━━━ Dataset entries ━━━

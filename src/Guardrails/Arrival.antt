-- ===== src/Guardrails/Arrival.antt =====
-- pipeline.go: the order in which the detectors answer.
use mathlib.Core.List.{Memᴰ, Permᴰ}
use gatew_ai.Base.{
  str_eq, ◌&&◌, not, ℕ, zero, suc, ◌+◌, ◌≡◌, refl, sym, ap, subst, ◌∙◌, ◌⊎◌, inl, inr, Option-cases,
  Option, none, some, String, List, [], ◌∷◌, map, length, All, arith, if◌then◌else◌,
}
use gatew_ai.Guardrails.{
  Enforcement, ModelResult, Item, scanned, items, blanks, set_at, received, fired_only,
  evaluate_all, evaluate_sync, no_items, kept, acts_inline,
}

abbrev at : ℕ → List ModelResult → Option ModelResult
at k [] = none
at zero (x ∷ xs) = some x
at (suc k) (x ∷ xs) = at k xs

at_ext : (xs ys : List ModelResult) → ((k : ℕ) → at k xs ≡ at k ys) → xs ≡ ys
at_ext [] [] h = refl
at_ext [] (y ∷ ys) h = ground (arith, h 0)
at_ext (x ∷ xs) [] h = ground (arith, h 0)
at_ext (x ∷ xs) (y ∷ ys) h = ground (arith, h 0, at_ext xs ys (λ k. h (suc k)))

-- An item agrees with the results that are expected.
abbrev Agrees : List ModelResult → Item → Type 0
Agrees target (i, r) = at i target ≡ some r

set_agrees :
    (i : ℕ) (r : ModelResult) (xs target : List ModelResult)
    → length xs ≡ length target
    → at i target ≡ some r
    → at i (set_at i r xs) ≡ some r
unfolding set_at
set_agrees i r [] [] l e = e
set_agrees i r [] (y ∷ ys) l e = ground (arith, l)
set_agrees i r (x ∷ xs) [] l e = ground (arith, l)
set_agrees zero r (x ∷ xs) (y ∷ ys) l e = refl
set_agrees (suc i) r (x ∷ xs) (y ∷ ys) l e = set_agrees i r xs ys (ground (arith, l)) e

set_other :
    (i k : ℕ) (r : ModelResult) (xs : List ModelResult) → (k ≡ i) ⊎ (at k (set_at i r xs) ≡ at k xs)
unfolding set_at
set_other i k r [] = inr refl
set_other zero zero r (x ∷ xs) = inl refl
set_other zero (suc k) r (x ∷ xs) = inr refl
set_other (suc i) zero r (x ∷ xs) = inr refl
set_other (suc i) (suc k) r (x ∷ xs) = elim (set_other i k r xs) [
  | inl e ↦ inl (ap suc e)
  | inr e ↦ inr e
]

length-set_at :
    (i : ℕ) (r : ModelResult) (xs : List ModelResult) → length (set_at i r xs) ≡ length xs
unfolding set_at
length-set_at i r [] = refl
length-set_at zero r (x ∷ xs) = refl
length-set_at (suc i) r (x ∷ xs) = ap suc (length-set_at i r xs)

-- The place of an index is filled, now or by an item that is still to come.
abbrev Filled : List ModelResult → ℕ → List Item → List ModelResult → Type 0
Filled target k rest xs = (at k xs ≡ at k target) ⊎ ((r : ModelResult) × Memᴰ (k, r) rest)

Filled-set_at :
    (target : List ModelResult) (k i : ℕ) (r : ModelResult) (rest : List Item)
    (xs : List ModelResult)
    → length xs ≡ length target
    → at i target ≡ some r
    → Filled target k ((i, r) ∷ rest) xs
    → Filled target k rest (set_at i r xs)
Filled-set_at target k i r rest xs l e (inl f) = elim (set_other i k r xs) [
  | inl same ↦ inl (
      ap (λ x. at x (set_at i r xs)) same
      ∙ set_agrees i r xs target l e
      ∙ sym e
      ∙ ap (λ x. at x target) (sym same))
  | inr other ↦ inl (other ∙ f)
]
Filled-set_at target k i r rest xs l e (inr (q, Memᴰ.head h)) =
    let same = ap (λ (x : Item). x.0) h in
    inl (
      ap (λ x. at x (set_at i r xs)) same
      ∙ set_agrees i r xs target l e
      ∙ sym e
      ∙ ap (λ x. at x target) (sym same))
Filled-set_at target k i r rest xs l e (inr (q, Memᴰ.tail m)) = inr (q, m)

received-Filled :
    (target : List ModelResult) (k : ℕ) (arrivals : List Item) (xs : List ModelResult)
    → length xs ≡ length target
    → All (Agrees target) arrivals
    → Filled target k arrivals xs
    → at k (received arrivals xs) ≡ at k target
unfolding received
received-Filled target k [] xs l a (inl f) = f
received-Filled target k [] xs l a (inr (r, m)) = elim m [ ]
received-Filled target k ((i, r) ∷ rest) xs l a f =
    received-Filled target k rest (set_at i r xs) (length-set_at i r xs ∙ l) a.1
      (Filled-set_at target k i r rest xs l a.0 f)

moved : (x : Item) (xs ys : List Item) → Permᴰ xs ys → Memᴰ x xs → Memᴰ x ys
moved x _ _ Permᴰ.nil m = m
moved x _ _ (Permᴰ.cons e p) (Memᴰ.head h) = Memᴰ.head (h ∙ e)
moved x _ _ (Permᴰ.cons e p) (Memᴰ.tail m) = Memᴰ.tail (moved x _ _ p m)
moved x _ _ (Permᴰ.swap e f) (Memᴰ.head h) = Memᴰ.tail (Memᴰ.head (h ∙ e))
moved x _ _ (Permᴰ.swap e f) (Memᴰ.tail (Memᴰ.head h)) = Memᴰ.head (h ∙ f)
moved x _ _ (Permᴰ.swap e f) (Memᴰ.tail (Memᴰ.tail m)) = Memᴰ.tail (Memᴰ.tail m)
moved x _ _ (Permᴰ.trans p q) m = moved x _ _ q (moved x _ _ p m)

back : {xs ys : List Item} → Permᴰ xs ys → Permᴰ ys xs
back Permᴰ.nil = Permᴰ.nil
back (Permᴰ.cons e p) = Permᴰ.cons (sym e) (back p)
back (Permᴰ.swap e f) = Permᴰ.swap (sym f) (sym e)
back (Permᴰ.trans p q) = Permᴰ.trans (back q) (back p)

All-pointwise : (P : Item → Type 0) (xs : List Item) → ((x : Item) → Memᴰ x xs → P x) → All P xs
All-pointwise P [] h = tt
All-pointwise P (x ∷ xs) h = (h x (Memᴰ.head refl), All-pointwise P xs (λ y m. h y (Memᴰ.tail m)))

-- An item is the result of the enforcement at its index, counted from `i`.
item_at :
    (texts : List String) (i : ℕ) (ms : List Enforcement) (x : Item)
    → Memᴰ x (items texts i ms)
    → (j : ℕ) × (x.0 ≡ i + j) × (at j (map (scanned texts) ms) ≡ some x.1)
unfolding items
item_at texts i [] x m = elim m [ ]
item_at texts i (a ∷ ms) x (Memᴰ.head h) =
    (0, ground (arith, ap (λ (y : Item). y.0) h), ap (λ (y : Item). some y.1) (sym h))
item_at texts i (a ∷ ms) x (Memᴰ.tail m) =
    let (j, e, f) = item_at texts (suc i) ms x m in (suc j, omega (arith, e), f)

item_of :
    (texts : List String) (i j : ℕ) (ms : List Enforcement) (r : ModelResult)
    → at j (map (scanned texts) ms) ≡ some r
    → Memᴰ (i + j, r) (items texts i ms)
unfolding items
item_of texts i j [] r e = cc
item_of texts i zero (m ∷ ms) r e = Memᴰ.head (ground (arith, e))
item_of texts i (suc j) (m ∷ ms) r e = Memᴰ.tail (
    subst (λ n. Memᴰ (n, r) (items texts (suc i) ms)) (omega arith)
      (item_of texts (suc i) j ms r e))

blank_at :
    (texts : List String) (k : ℕ) (ms : List Enforcement)
    → at k (map (scanned texts) ms) ≡ none
    → at k (blanks ms) ≡ none
blank_at texts k [] e = refl
blank_at texts zero (m ∷ ms) e = cc
blank_at texts (suc k) (m ∷ ms) e = blank_at texts k ms e

length-blanks :
    (texts : List String) (ms : List Enforcement)
    → length (blanks ms) ≡ length (map (scanned texts) ms)
length-blanks texts [] = refl
length-blanks texts (m ∷ ms) = ap suc (length-blanks texts ms)

module _ (delivered : List Item → List Item)
    (same_items : (xs : List Item) → Permᴰ xs (delivered xs)) where
  agrees :
      (texts : List String) (ms : List Enforcement)
      → All (Agrees (map (scanned texts) ms)) (delivered (items texts 0 ms))
  agrees texts ms = All-pointwise _ _ (λ x m.
      let (j, e, f) = item_at texts 0 ms x (moved x _ _ (back (same_items (items texts 0 ms))) m) in
      let index : x.0 ≡ j = omega (arith, e) in ap (λ k. at k (map (scanned texts) ms)) index ∙ f)

  filled :
      (texts : List String) (ms : List Enforcement) (k : ℕ)
      → Filled (map (scanned texts) ms) k (delivered (items texts 0 ms)) (blanks ms)
  filled texts ms k = elim (Option-cases (at k (map (scanned texts) ms))) [
    | inl e ↦ inl (blank_at texts k ms e ∙ sym e)
    | inr (r, e) ↦ inr (
      r,
      moved (k, r) _ _ (same_items (items texts 0 ms))
          (subst (λ n. Memᴰ (n, r) (items texts 0 ms)) (omega arith) (item_of texts 0 k ms r e)),
    )
  ]

  received-delivered :
      (texts : List String) (ms : List Enforcement)
      → received (delivered (items texts 0 ms)) (blanks ms) ≡ map (scanned texts) ms
  received-delivered texts ms = at_ext _ (map (scanned texts) ms) (λ k.
      received-Filled (map (scanned texts) ms) k (delivered (items texts 0 ms)) (blanks ms)
        (length-blanks texts ms) (agrees texts ms) (filled texts ms k))

  -- Whatever order the detectors answer in, the results are those of the enforcements that fired, in the
  -- order of the configuration; there are none for no texts.
  pub evaluate_all-fired_only :
      (models : List Enforcement) (texts : List String)
      → evaluate_all delivered models texts
        ≡ (if no_items texts then [] else fired_only (map (scanned texts) models))
  unfolding evaluate_all fired_only
  evaluate_all-fired_only [] texts = ground arith
  evaluate_all-fired_only (m ∷ ms) texts = ground (arith, received-delivered texts (m ∷ ms))

  -- The inline evaluation gives, whatever order the detectors answer in, the results that fired of the
  -- enforcements that are `sync` and do not redact, in the order of the configuration.
  pub evaluate_sync-fired_only :
      (models : List Enforcement) (texts : List String)
      → evaluate_sync delivered models texts ≡ (
          if no_items texts
          then []
          else fired_only (
              map
                (scanned texts)
                (kept (λ m. str_eq m.mode "sync" && not (str_eq m.action "redact")) models)))
  unfolding evaluate_sync evaluate_all
  evaluate_sync-fired_only models texts = evaluate_all-fired_only (kept acts_inline models) texts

━━━

What to work on: The answer must be every line of the records that holds the string "Type".

Answer box:
abbrev Agrees : List ModelResult → Item → Type 0
abbrev Filled : List ModelResult → ℕ → List Item → List ModelResult → Type 0
All-pointwise : (P : Item → Type 0) (xs : List Item) → ((x : Item) → Memᴰ x xs → P x) → All P xs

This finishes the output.